:: Records to process
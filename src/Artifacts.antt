-- ===== src/Artifacts.antt =====
-- worker/src/parliament_worker/graphrag/store.py: put_artifact, get_artifact, artifacts,
-- invalidate_artifact and artifact_versions on the table `artifacts` of store_schema.py, in the order
-- of its `sequence`, and store_bulk.py's stored_artifact_versions and withdrawal of artifacts.
-- `digest`, a parameter, is the SHA-256 text of kind, key, dependency and payload.
pub mod Selection
pub mod Current
pub mod History
pub mod Unicity
mod Samples
use parliament.Base.{
  ltb, leb, ◌==◌, if◌then◌else◌, ltb→lt, lt→ltb, leb→le, le→leb, Bool-cases, Option-cases,
  str_eq_refl, opt_eq, opt_eq_sound, &&-eq-true, ||-eq-false, &&-false, some-eq, ok-injective,
  str_eq_comm, length, take, select, any, find, is_nil, All, length-append, length-take-le,
  All-append, All-map, Error, Result, ok, err, ◌>>=◌, ◌>>◌, require, >>=-eq-ok, >>-eq-ok,
  require-eq-ok, ℕ, zero, suc, ◌+◌, ◌-◌, ◌*◌, ◌≤◌, ◌<◌, min, max, String, ◌≡◌, refl, sym, ap, ◌∙◌,
  subst, ◌≢◌, ◌↔◌, ◌⊎◌, inl, inr, Bool, true, false, ◌&&◌, ◌||◌, not, Option, none, some, List, [],
  ◌∷◌, ◌++◌, map, arith, str_eq, str_eq_iff, artifact_version_conflict,
}
use parliament.Base.Tables.{update_where}
use parliament.Value.{Value, validate_label, same}

pub record Artifact : Type 0 where
  pub kind : String
  pub key : String
  pub version : String
  pub dependency : Value
  pub payload : Value
  pub current : Bool

abbrev pub Artifacts : Type 0
Artifacts = List Artifact

-- WHERE kind=? AND artifact_key=?
unfoldable pub is_logical : String → String → Artifact → Bool
is_logical kind key r = str_eq r.kind kind && str_eq r.key key

-- WHERE kind=? AND artifact_key=? AND version=?
unfoldable pub is_version : String → String → String → Artifact → Bool
unfolding is_logical
is_version kind key version r = is_logical kind key r && str_eq r.version version

-- WHERE kind=? AND artifact_key=? AND current=1
unfoldable pub is_current : String → String → Artifact → Bool
unfolding is_logical
is_current kind key r = is_logical kind key r && r.current

abbrev pub mark : Bool → Artifact → Artifact
mark b r = record r { current = b }

-- UPDATE artifacts SET current=0 WHERE kind=? AND artifact_key=?
pub withdraw : String → String → Artifacts → Artifacts
withdraw kind key rows = update_where (is_logical kind key) (mark false) rows

-- INSERT … ON CONFLICT(kind,artifact_key,version) DO UPDATE SET current=1
pub insert_current : Option Artifact → Artifact → Artifacts → Artifacts
insert_current none r rows = rows ++ r ∷ []
insert_current (some prior) r rows =
    update_where (is_version r.kind r.key r.version) (mark true) rows

-- `prior and (prior["dependency"] != … or prior["payload"] != …)`, negated
pub prior_agrees : Option Artifact → Value → Value → Bool
prior_agrees none dependency payload = true
prior_agrees (some p) dependency payload = same p.dependency dependency && same p.payload payload

abbrev pub selected : String → String → String → Value → Value → Artifact
selected kind key version dependency payload = record {
  kind = kind;
  key = key;
  version = version;
  dependency = dependency;
  payload = payload;
  current = true;
}

-- GraphStore.put_artifact
unfoldable pub put_artifact :
    (String → String → Value → Value → String)
    → String
    → String
    → Value
    → Value
    → Artifacts
    → Result (String × Artifacts)
unfolding withdraw insert_current prior_agrees
put_artifact digest kind key dependency payload rows = do
  validate_label kind
  validate_label key
  let version = digest kind key dependency payload
  let prior = find (is_version kind key version) rows
  require (prior_agrees prior dependency payload) artifact_version_conflict
  ok (
    version,
    insert_current prior (selected kind key version dependency payload) (withdraw kind key rows),
  )

abbrev pub or_else : Option Artifact → Option Artifact → Option Artifact
or_else (some found) o = some found
or_else none o = o

-- ORDER BY sequence DESC LIMIT 1
unfoldable pub last_where : (Artifact → Bool) → Artifacts → Option Artifact
last_where p [] = none
last_where p (r ∷ rows) = or_else (last_where p rows) (if p r then some r else none)

-- GraphStore.get_artifact
unfoldable pub get_artifact : String → String → Artifacts → Option Artifact
unfolding last_where
get_artifact kind key rows = last_where (is_current kind key) rows

-- GraphStore.artifacts: the current ones of a kind, or their whole history
unfoldable pub artifacts : String → Bool → Artifacts → Artifacts
artifacts kind current rows =
    select (λ r. str_eq r.kind kind && (if current then r.current else true)) rows

-- GraphStore.invalidate_artifact
unfoldable pub invalidate_artifact : String → String → Artifacts → Artifacts
unfolding withdraw
invalidate_artifact kind key rows = withdraw kind key rows

-- GraphStore.artifact_versions
pub artifact_versions : String → String → Artifacts → Artifacts
unfolding is_logical
artifact_versions kind key rows = select (is_logical kind key) rows

-- store_bulk.stored_artifact_versions
pub stored_artifact_versions : Artifacts → List (String × String × String)
stored_artifact_versions rows = map (λ r. (r.kind, r.key, r.version)) rows

-- store_bulk.retire_results, its artifacts: the count of rows that were current, and the table
unfoldable pub retire_artifacts : List (String × String) → ℕ → Artifacts → ℕ × Artifacts
unfolding is_current
retire_artifacts [] retired rows = (retired, rows)
retire_artifacts ((kind, key) ∷ targets) retired rows =
    retire_artifacts targets (retired + length (select (is_current kind key) rows))
      (update_where (is_current kind key) (mark false) rows)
::::
# Description of the task
Exact duplication is required for the lines above, from the line that contains "is_current kind key r" to the line that contains "-- UPDATE artifacts", inclusive; omit all others.

# Exercise answer
is_current kind key r = is_logical kind key r && r.current

abbrev pub mark : Bool → Artifact → Artifact
mark b r = record r { current = b }

-- UPDATE artifacts SET current=0 WHERE kind=? AND artifact_key=?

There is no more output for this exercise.